In February 1998 I was at a church choir retreat. On Saturday evening we gathered around low tables with lots of candles and our minister asked us to say something about why we liked being in the choir. Many deep feelings were expressed, there were some tears, and when it came to me I felt absolutely cold and completely detached. I said something that sounded meaningful but felt nothing. The next morning I skipped rehearsal and went out to a bluff overlooking the Pacific Ocean, sat down and looked out, still with the feeling of being completely alone. Then out of the blue, a message came to me:

Cuenca’s Rio Tomebamba not far from Dave Nelson’s apartment.

“David, if you don’t do something about yourself you are going to get sick, curl up, and die.”

Although I didn’t realize it for several years, my conscious internal journey had begun.

Sometime in the early 2000’s I was shopping at an Oakland farmer’s market for my favorite Pink Lady apples and got to talking to Ame, a young woman selling the apples. The conservation got serious and then she said, “It is better to be than to do,” which struck me hard as being completely true. Striving to become a loving human being is more important to the world than striving to become the president of your company to satisfy your ego.

Then in January 2011 I met a friend of Ame’s who spent half an hour telling me about Cuenca, Ecuador. I had been thinking about moving because eventually the cost of living would overtake my pension and I had always been envious of the more relaxed and open ways of Latin America. So in March, I came down to investigate and on my first night in Cuenca, on a deck overlooking the Tomebamba River, I immediately felt at home. In July, I moved. It was a couple of years before I understood that on that first night in the city something inside me (heart, soul — insert your own label) told me I was home. The die was cast.

At the going-away party at my church in California there were many cards and inscriptions entered into a book. In going through them later, at least half of them talked about continuing my journey.
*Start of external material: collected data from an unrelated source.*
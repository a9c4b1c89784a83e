-- ===== src/Storage/Book/Build.antt =====
-- A book as it is written: `build_ybb` of the tests of crates/attic-storage/src/book.rs, from the
-- records as the sort by key leaves them.
use attic_shogi.Prelude.{ℕ, ◌+◌, ◌%◌, ◌^◌, Bool, if◌then◌else◌, List, [], ◌∷◌, ◌++◌, length}
use attic_shogi.Prelude.Int.{ℤ}
use attic_shogi.Storage.Bytes.{Bytes, to_le_bytes}
use attic_shogi.Storage.Entry.{to_i16}
use attic_shogi.Storage.Book.{magic, flag_move_depth}

pub record RawMove : Type 0 where
  pub move16 : ℕ
  pub value : ℤ
  pub depth : ℕ

pub record RawRecord : Type 0 where
  pub packed : Bytes
  pub ply : ℕ
  pub moves : List RawMove

unfoldable pub move_bytes : (with_depth : Bool) → RawMove → Bytes
unfolding to_le_bytes
move_bytes with_depth m =
    to_le_bytes 2 m.move16
    ++ (to_le_bytes 2 (to_i16 m.value) ++ (if with_depth then to_le_bytes 2 m.depth else []))

unfoldable pub moves_bytes : (with_depth : Bool) → List RawMove → Bytes
unfolding move_bytes
moves_bytes with_depth [] = []
moves_bytes with_depth (m ∷ ms) = move_bytes with_depth m ++ moves_bytes with_depth ms

-- One record of the index, whose moves start at `moves_offset`.
unfoldable pub record_bytes : (moves_offset : ℕ) → RawRecord → Bytes
unfolding to_le_bytes
record_bytes moves_offset r =
    r.packed
    ++ (to_le_bytes 8 moves_offset
        ++ (to_le_bytes 2 r.ply ++ to_le_bytes 2 (length r.moves % 2 ^ 16)))

-- The index of the records, `moves_offset` bytes of moves having been written.
unfoldable pub index_bytes : (with_depth : Bool) (moves_offset : ℕ) → List RawRecord → Bytes
unfolding record_bytes moves_bytes
index_bytes with_depth moves_offset [] = []
index_bytes with_depth moves_offset (r ∷ rs) =
    record_bytes (moves_offset % 2 ^ 64) r
    ++ index_bytes with_depth (moves_offset + length (moves_bytes with_depth r.moves)) rs

unfoldable pub moves_region : (with_depth : Bool) → List RawRecord → Bytes
unfolding moves_bytes
moves_region with_depth [] = []
moves_region with_depth (r ∷ rs) = moves_bytes with_depth r.moves ++ moves_region with_depth rs

unfoldable pub build_ybb : List RawRecord → (with_depth : Bool) → Bytes
unfolding index_bytes moves_region to_le_bytes
build_ybb sorted with_depth =
    magic
    ++ (to_le_bytes 8 (length sorted % 2 ^ 64)
        ++ (to_le_bytes 8 (if with_depth then flag_move_depth else 0)
            ++ (index_bytes with_depth 0 sorted ++ moves_region with_depth sorted)))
Journey? What journey? I’m just bumbling along in my life, doing the best I can to be, trying, like Jesus, to be loving, compassionate and forgiving. But many of those people had known me for 35 years. Maybe they know something about me that I didn’t.

Gradually I came to realize that my thread had not been a conscious one and in looking back over my life I see many instances where my actions were inconsistent with my newly developed conscious goal of always trying to be the best person I can be.

In eight years in warm and accepting embrace of Cuenca, I have continued to think, read and discuss and am more assured than ever that the most important thing a person can do in this life is to keep aiming at that goal. The world needs good people, our wiring tends to push us in that direction. We are made out of the same material as the stars which means to me that everything in the universe is related to everything else and we are in that sense kin to everything. And we can be at peace inside while taking actions to help our universe along its way.

— Cuidese. And love, Dave
____________________

There will be memorial gathering in honor of Dave Nelson on Sunday, July 3, at 11 a.m. at Memopaz Funeraria, Av. Loja 2-167 at Tunguragua.